Absolutely freaking AMAZING!!!!!


----------



## bobzilla

Very impressive Jack!


----------



## jdubbya

This is so cool! I haven't checked this thread in a long time. love the progress!


----------



## DreadKnightswife

I think the longer root is awesome! It gives it charater and tree roots aren't all uniform! I wish I had a quarter of your artistic ability! AWESOME JOB!


----------



## dubbax3

Man this is beautiful!!


----------



## Sawtooth Jack

:jol:thought I'd share some progress with shaping the imp's body, which is just paper and tape at this stage (forgot to take some of the paper under-structure). It started out a bit too heavy as you can see in the first pic, so I trimmed it down to something a bit more bony. The arms are only bent like that to keep his head off the ground so the twig/thorn hair won't break off. It's starting to go quicker now and I have some good work done on the hands which I hope to post soon!


----------



## Joiseygal

Sawtooth this is turning out great!


----------



## RoxyBlue

"Tummy tuck" - LOL

Great body on this little guy!


----------



## Spooky1

Hope the knee is doing better. The face of your Forest Imp is wonderful. The twiggy hair is perfect. Glad to see he's getting a body.


----------



## Wispurs

Incredible work. Its beautiful.


----------



## discozombie

I like the pose Jack, it looks like he's sun tanning at the beach. Maybe a drink in one hand with a paper umbrella. Im thinking hes a spedo kind of imp. Nonsense aside, great work, as always. I smile when I see an update notification to your work because I know its going to be good.


----------



## Rania

Wow! That is gorgeous!


----------



## The Watcher

That is a great character to are creating.


----------



## Copchick

It's looking good! I did like the little pot belly though, but his improved belly looks good too.


----------



## gruesome

You are very talented! I love your attention to detail on this piece.


----------



## MommaMoose

As usual I am in love with another of your creations. Can't wait to see it finished.


----------



## Lilly

Great job so far.. did you use real twigs or make them? will those dots show up after mache' ? or will you have to redo them?


----------



## Sawtooth Jack

Thanks for the good words all! :jol: Slowly getting it all done.



Lilly said:


> Great job so far.. did you use real twigs or make them? will those dots show up after mache' ? or will you have to redo them?

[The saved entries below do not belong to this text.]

-- ===== src/Examples/Control.antt =====
-- The control channel on small messages.
use iran_remote_play.Prelude.{
  ℕ, ◌≡◌, refl, none, some, [], ◌∷◌, ◌++◌, ◌&&◌, not, if◌then◌else◌, leb, ◌==◌, arith, All,
}
use mathlib.Core.List.{Mem}
use iran_remote_play.Prelude.Bytes.{le_bytes}
use iran_remote_play.Packet.Frame.{
  frame_magic, frame_version, max_control_payload, make_frame, parse_frame_header,
  parse_frame_header-make_frame,
}
use iran_remote_play.Packet.Writer
use iran_remote_play.Packet.Writer.{◌>>◌}
use iran_remote_play.Protocol.Ids.{raw_id}
use iran_remote_play.Protocol.Messages.{Body, id_of}
use iran_remote_play.Protocol.Write.{encode_message, write_body}
use iran_remote_play.Protocol.Read.{decode_message, wants_all}
use iran_remote_play.Protocol.RoundTrip.{envelope, canonical, decode_message-encode_message}
use iran_remote_play.Protocol.Reject.{decode_message_truncated}
use iran_remote_play.Protocol.Negotiate.{negotiate_codec, IsFirst, negotiate_codec-IsFirst}

parse_frame_header-make_frame_example :
    parse_frame_header (make_frame 0x10 (1 ∷ 2 ∷ []) ++ (9 ∷ [])) ≡ (
      if leb 2 max_control_payload
      then some (record {
        magic = frame_magic;
        version = frame_version;
        type = 0x10;
        flags = 0;
        payload_size = 2;
      })
      else none)
parse_frame_header-make_frame_example =
    parse_frame_header-make_frame 0x10 (1 ∷ 2 ∷ []) (9 ∷ []) (omega arith) (omega arith)

-- A ping, whose reader checks the end, and a byte behind it.
abbrev a_ping : Body
a_ping = Body.ping 77

decode_message-encode_message_example :
    decode_message (raw_id (id_of a_ping)) (encode_message (envelope a_ping) ++ (3 ∷ [])) ≡ (
      if wants_all (id_of a_ping) && not (1 == 0)
      then none
      else some (record { type = id_of a_ping; body = canonical a_ping }))
decode_message-encode_message_example = decode_message-encode_message a_ping (3 ∷ []) (omega arith)

decode_message_truncated_example : decode_message (raw_id (id_of a_ping)) (77 ∷ 0 ∷ []) ≡ none
unfolding encode_message write_body Writer.u64 le_bytes
decode_message_truncated_example =
    decode_message_truncated a_ping (77 ∷ 0 ∷ []) 0 (0 ∷ 0 ∷ 0 ∷ 0 ∷ 0 ∷ []) (omega arith) refl

negotiate_codec-IsFirst_example :
    ((c : ℕ) → negotiate_codec (2 ∷ 1 ∷ []) (1 ∷ []) ≡ some c → IsFirst (2 ∷ 1 ∷ []) (1 ∷ []) c)
    × (negotiate_codec (2 ∷ 1 ∷ []) (1 ∷ []) ≡ none
        → All (λ (d : ℕ). ¬ Mem d (1 ∷ [])) (2 ∷ 1 ∷ []))
negotiate_codec-IsFirst_example = negotiate_codec-IsFirst (2 ∷ 1 ∷ []) (1 ∷ [])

Lilly, thank you and no I did not use real twigs for the hair, just wire, newspaper and tape. As far as the dots/warts go, they are on top of the mache and while I'm sure many of them may disappear, I went over them all with two to three drops of the glue mixture, so some of them are good-sized bumps at this point. I'll try to add them here and there on the hands and body as well.

Added more ribs to fill him out a bit before the mache work. They are a bit rough right now but should smooth out and fill in a bit as I go.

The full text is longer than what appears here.